The prelims, available on youtube and which you can follow with us here, will feature Cuban heavyweight Frank Sanchez, aiming to work his way into title contention, as well as former light-heavyweight champion Oleksandr Gvozdyk, on the comeback trail in 2023 after spending four years out of the sport.

Showtime haven’t yet revealed the exact schedule of the prelims or if all scheduled fights will be shown, but we’ll have results from them as well and highlights as and when we can.

Canelo Alvarez vs. Jermell Charlo poster

Canelo Alvarez vs. Jermell Charlo live play-by-play

Round 1: Alright, here we go with the main event. Let’s see how Charlo handles this step up, and where Canelo is after what seemed like a downturn in form over the last two years. Intersting that straight from the opening Canelo seems to be looking to be light on his feet- not typical for him. Barely a punch throwin in the opening minute. Canelo swings wild with a left to the body. He has to be really careful, he’s gassed himself with those loaded shots in both his last two fights, despite winnin gthe. A left upstairs lands on Charlo’s gloves. Then he steps in and throws a right. Couple of clubbing shots, he’s very deliberately hitting Charlo’s biceps here, somethings he’s been known to do. Not a scoring punch, but a useful one. Anyway, so little actually happened there that I’m going for a first for me and scoring it 10-10.

Round 2: This is more like it from Canelo, pushing Charlo to the ropes and unloading. Charlo jabbing but not really landing. Does get a bodyshot home. Canelo responds in kind.

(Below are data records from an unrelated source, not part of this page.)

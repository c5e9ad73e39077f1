-- ===== src/Ibverbs/Buffers/Events/Taking.antt =====
-- A `Send` in its loop over attempts keeps the invariant.
use mathlib.Core.List.{lookup}
use lethe.Base.Assoc.{remove, remove_absent, lookup-cons_self, lookup-cons_ne}
use lethe.Base.{
  ℕ, ◌+◌, ◌*◌, ◌%◌, ◌^◌, ◌≡◌, ◌<◌, refl, sym, ap, ◌∙◌, Option, none, some, List, [], ◌∷◌, ltb,
  ℕ_discrete, All-mono, arith, subst, Bool-cases, List-cases, Option-cases, inl, inr,
}
use lethe.Ibverbs.Buffers.{Conn, acquire, max_attempts, wr_id_of, buf_idx_of}
use lethe.Ibverbs.Buffers.Counts.{tally, tally-remove, keyed, counted_lookup, uncounted_lookup}
use lethe.Ibverbs.Buffers.Events.{Sends, try_acquire, attempt}
use lethe.Ibverbs.Buffers.Events.Invariant.{Inv, IsHeld, give_up-Inv}

-- The send that takes a buffer.
module _ (p n b : ℕ) (free : List ℕ) (s : Sends) (e : lookup ℕ_discrete p s.waiting ≡ some n)
    (at : s.conn.free_send ≡ b ∷ free) (small : s.conn.next_wr < 2 ^ 48) (v : Inv s) where
  wr : ℕ
  wr = wr_id_of s.conn.next_wr b

  taken_buffer : b < 8
  taken_buffer = ground (arith, v.buffers b, at)

  wr_lem : (wr ≡ s.conn.next_wr * 2 ^ 16 + b) × (buf_idx_of wr ≡ b)
  unfolding wr
  wr_lem = (omega (arith, taken_buffer, small), omega (arith, taken_buffer, small))

  next_small : (s.conn.next_wr + 1) % 2 ^ 64 ≡ s.conn.next_wr + 1
  next_small = omega (arith, small)

  wr_new : tally (keyed wr) s.conn.pending ≡ 0
  wr_new = v.old wr (omega (arith, wr_lem))

  acquired : Sends
  acquired = record s {
    conn = record {
      free_send = free;
      pending = (wr, p) ∷ s.conn.pending;
      next_wr = s.conn.next_wr + 1;
    };
    waiting = remove ℕ_discrete p s.waiting;
    sending = (wr, (b, p)) ∷ s.sending;
  }

  acquire_taken : acquire p s.conn ≡ (acquired.conn, some (wr, b))
  unfolding acquired wr acquire
  acquire_taken =
      rw
        (
          acquire,
          at,
          remove_absent ℕ_discrete wr s.conn.pending (uncounted_lookup wr s.conn.pending wr_new),
          next_small,
        )
        refl

  try_acquire_taken : try_acquire p n s ≡ acquired
  unfolding acquired try_acquire
  try_acquire_taken =
      rw (try_acquire, acquire_taken)
        (ap
          (λ (r : Conn × Option (ℕ × ℕ)). record s {
            conn = r.0;
            waiting = remove ℕ_discrete p s.waiting;
            sending = (wr, (b, p)) ∷ s.sending;
          })
          acquire_taken)

  IsHeld-older : (x : ℕ × (ℕ × ℕ)) → IsHeld s.conn.pending x → IsHeld ((wr, p) ∷ s.conn.pending) x
  IsHeld-older (i, (c, q)) h = (
    h.0,
    lookup-cons_ne ℕ_discrete wr i p s.conn.pending
          (λ k. ground (arith, wr_new, k, counted_lookup i s.conn.pending q h.1))
        ∙ h.1,
  )

  acquired-Inv : Inv acquired
  unfolding acquired
  acquired-Inv = record {
    buffers = λ i. ground (arith, v.buffers i, at, wr_lem);
    promises = λ q. ground (arith, v.promises q, tally-remove (keyed q) p s.waiting n e);
    requests = λ u. ground (arith, v.requests u);
    held = (
      (sym wr_lem.1, lookup-cons_self ℕ_discrete wr p s.conn.pending),
      All-mono (IsHeld s.conn.pending) (IsHeld ((wr, p) ∷ s.conn.pending)) s.sending IsHeld-older
          v.held,
    );
    once = λ u. ground (arith, v.once u, wr_new);
    old = λ u h. ground (arith, v.old u, h, wr_lem, taken_buffer);
  }

pub acquire_full : (p : ℕ) (c : Conn) → c.free_send ≡ [] → acquire p c ≡ (c, none)
unfolding acquire
acquire_full p c full = rw full refl

-- An attempt that finds no buffer is counted.
retry-Inv :
    (p n : ℕ) (s : Sends)
    → lookup ℕ_discrete p s.waiting ≡ some n
    → s.conn.free_send ≡ []
    → Inv s
    → Inv (try_acquire p n s)
unfolding try_acquire
retry-Inv p n s e full v =
    rw (try_acquire, acquire_full p s.conn full)
      (record {
        buffers = v.buffers;
        promises = λ q. ground (arith, v.promises q, tally-remove (keyed q) p s.waiting n e);
        requests = v.requests;
        held = v.held;
        once = v.once;
        old = v.old;
      })

try_acquire-Inv :
    (p n : ℕ) (s : Sends)
    → lookup ℕ_discrete p s.waiting ≡ some n
    → s.conn.next_wr < 2 ^ 48
    → Inv s
    → Inv (try_acquire p n s)
try_acquire-Inv p n s e small v = elim (List-cases s.conn.free_send) [
  | inl full ↦ retry-Inv p n s e full v
  | inr (b, free, at) ↦
      subst Inv (sym (try_acquire_taken p n b free s e at small v))
        (acquired-Inv p n b free s e at small v)
]

pub attempt-Inv : (p : ℕ) (s : Sends) → s.conn.next_wr < 2 ^ 48 → Inv s → Inv (attempt p s)
unfolding attempt
attempt-Inv p s small v = elim (Option-cases (lookup ℕ_discrete p s.waiting)) [
  | inl idle ↦ rw (attempt, idle) v
  | inr (n, e) ↦ elim (Bool-cases (ltb n max_attempts)) [
    | inl more ↦ rw (attempt, e, more) (try_acquire-Inv p n s e small v)
    | inr last ↦ rw (attempt, e, last) (give_up-Inv p n s e v)
  ]
]
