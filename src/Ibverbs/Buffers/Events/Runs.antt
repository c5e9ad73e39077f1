-- ===== src/Ibverbs/Buffers/Events/Runs.antt =====
-- The sends of a connection over whole runs.
use mathlib.Core.List.{lookup}
use lethe.Base.{
  ℕ, ◌+◌, ◌^◌, ◌≡◌, ◌<◌, ◌≤◌, refl, sym, List, [], ◌∷◌, ltb, ℕ_discrete, length, arith, subst,
  Option-cases, inl, inr,
}
use lethe.Ibverbs.Buffers.{setup_outbound, acquire, abandon, poll_completion}
use lethe.Ibverbs.Buffers.Counts.{tally, one_if, keyed}
use lethe.Ibverbs.Buffers.Events.{
  Sends, start, reject, begin, give_up, try_acquire, attempt, post, fail_post, complete, Event,
  rejected, begun, attempted, post_ok, post_failed, completed, step, run,
}
use lethe.Ibverbs.Buffers.Events.Invariant.{
  Inv, start-Inv, reject-Inv, begin-Inv, post-Inv, fail_post-Inv, complete-Inv, post_idle,
  fail_post_idle, is,
}
use lethe.Ibverbs.Buffers.Events.Taking.{attempt-Inv}

pub step-Inv : (e : Event) (s : Sends) → s.conn.next_wr < 2 ^ 48 → Inv s → Inv (step e s)
unfolding step
step-Inv rejected s small v = reject-Inv s v
step-Inv begun s small v = begin-Inv s v
step-Inv (attempted p) s small v = attempt-Inv p s small v
step-Inv (post_ok w) s small v = elim (Option-cases (lookup ℕ_discrete w s.sending)) [
  | inl idle ↦ subst Inv (sym (post_idle w s idle)) v
  | inr ((b, p), e) ↦ post-Inv w b p s e v
]
step-Inv (post_failed w) s small v = elim (Option-cases (lookup ℕ_discrete w s.sending)) [
  | inl idle ↦ subst Inv (sym (fail_post_idle w s idle)) v
  | inr ((b, p), e) ↦ fail_post-Inv w b p s e v
]
step-Inv (completed w ok) s small v = complete-Inv w ok s v

pub step_counts : (e : Event) (s : Sends) → (step e s).conn.next_wr ≤ s.conn.next_wr + 1
unfolding step reject begin attempt try_acquire give_up acquire post fail_post abandon complete
    poll_completion
step_counts rejected s = omega arith
step_counts begun s = omega arith
step_counts (attempted p) s = ground arith
step_counts (post_ok w) s = ground arith
step_counts (post_failed w) s = ground arith
step_counts (completed w ok) s = ground arith

pub start_small : (es : List Event) → length es < 2 ^ 48 → start.conn.next_wr + length es ≤ 2 ^ 48
unfolding start setup_outbound
start_small es h = omega (arith, h)

run-Inv_from :
    (es : List Event) (s : Sends) → s.conn.next_wr + length es ≤ 2 ^ 48 → Inv s → Inv (run es s)
unfolding run
run-Inv_from [] s small v = v
run-Inv_from (e ∷ es) s small v =
    run-Inv_from es (step e s) (omega (arith, small, step_counts e s))
      (step-Inv e s (omega (arith, small)) v)

pub run_counts :
    (es : List Event) (s : Sends) → (run es s).conn.next_wr ≤ s.conn.next_wr + length es
unfolding run
run_counts [] s = omega arith
run_counts (e ∷ es) s = omega (arith, step_counts e s, run_counts es (step e s))

-- After any sequence of fewer than 2^48 events on a new connection, however sends, posts and
-- completions interleave: each of the eight buffers is free or held by one pending request, and
-- only once; each promise that was made is waiting, pending or answered, and only once; a pending
-- request is being sent or with the card, and not both; and a sender's request names its buffer and
-- its promise.
pub run-Inv : (es : List Event) → length es < 2 ^ 48 → Inv (run es start)
run-Inv es small = run-Inv_from es start (start_small es small) start-Inv

none_keyed : {V : Type 0} (l : List (ℕ × V)) → ((w : ℕ) → tally (keyed w) l ≡ 0) → l ≡ []
none_keyed [] h = refl
none_keyed ((i, v) ∷ l) h = absurd (ground (arith, h i))

-- A connection at rest: no request is pending, every buffer is free, and every promise that was made
-- is answered once or still waits for a buffer.
pub record IsQuiet (s : Sends) : Type 0 where
  pub none_pending : s.conn.pending ≡ []
  pub all_free : (i : ℕ) → tally (is i) s.conn.free_send ≡ one_if (ltb i 8)
  pub answered_once :
      (p : ℕ)
      → tally (keyed p) s.waiting + tally (keyed p) s.answers ≡ one_if (ltb p s.next_promise)

pub run-IsQuiet :
    (es : List Event)
    → length es < 2 ^ 48
    → (run es start).sending ≡ []
    → (run es start).posted ≡ []
    → IsQuiet (run es start)
run-IsQuiet es small idle done =
    let s = run es start in
    let v = run-Inv es small in
    let free = none_keyed s.conn.pending (λ w. ground (arith, v.requests w, idle, done)) in
    record {
      none_pending = free;
      all_free = λ i. ground (arith, v.buffers i, free);
      answered_once = λ p. ground (arith, v.promises p, free);
    }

There’s some mess tie-ups already so far, too. Charlo ducks under a huge left hook. Big bodyshot lands from Canelo. And a straight right. Canelo treating Charlo a bit like he did Plant- going a bit rough-and-ready to break through the defences quickly. 10-9 Canelo, 20-19

Round 3: Canelo really looking to make it physical against Charlo, who don’t forget is jumping up two divisions for this. Lands a big bodyshot, it’s called low (to the hip) but it’ll still slow Charlo’s movement. Straight right connects upstairs and Charlo seems to feel it. And as we go on, I do think Canelo has definitely been working on speeding up his footwork, a lot of small rapid steps to keep Charlo pinned in a way we don’t usually see from him. Big left hook and Charlo ducks under and holds. Snappy jab. Jermell jabbing nicely, but he’s not really doing much in the way of power punches. Canelo also not sitting on the stool between rounds- he’s fired up here. 10-9 Canelo, 30-28

Round 4: Lead left hook splits Charlo’s guard as we get going. Charlo is struggling to land much – despite Canelo’s seeminngly reduced head movement he still evades most of what’s thrown. Once again marching forward and throwing big shots. Charlo throws a little combination followed by an uppercut, Canelo slips back from it and counters. Pushes Charlo into a corner then clocks him with a big overhand right. Charlo get a big left hook counter in a few seconds later. This is a bullying performance from Canelo though. 10-9 Canelo, 40-37

Round 5: Canelo pushing once again. An exchange of left hooks leaves Charlo rocking back a bit. That said, a little while later he lands another big left of his own that Canelo feels. Still marching forward though. Canelo having a lot of success faking a jab then stepping in and coming round Charlo’s guard with a right hand. Charlo slips trying to land another left hook. Doesn’t fall, just slides a bit, but he’s got to be careful not to overbalance, if Canelo had been a step closer that could have been trouble. Nice combination from Jermell, and a nice left hook. Bodyshot and right hand from Canelo. 10-9 Canelo, 50-46, but that’s Charlo’s best round for punches landed.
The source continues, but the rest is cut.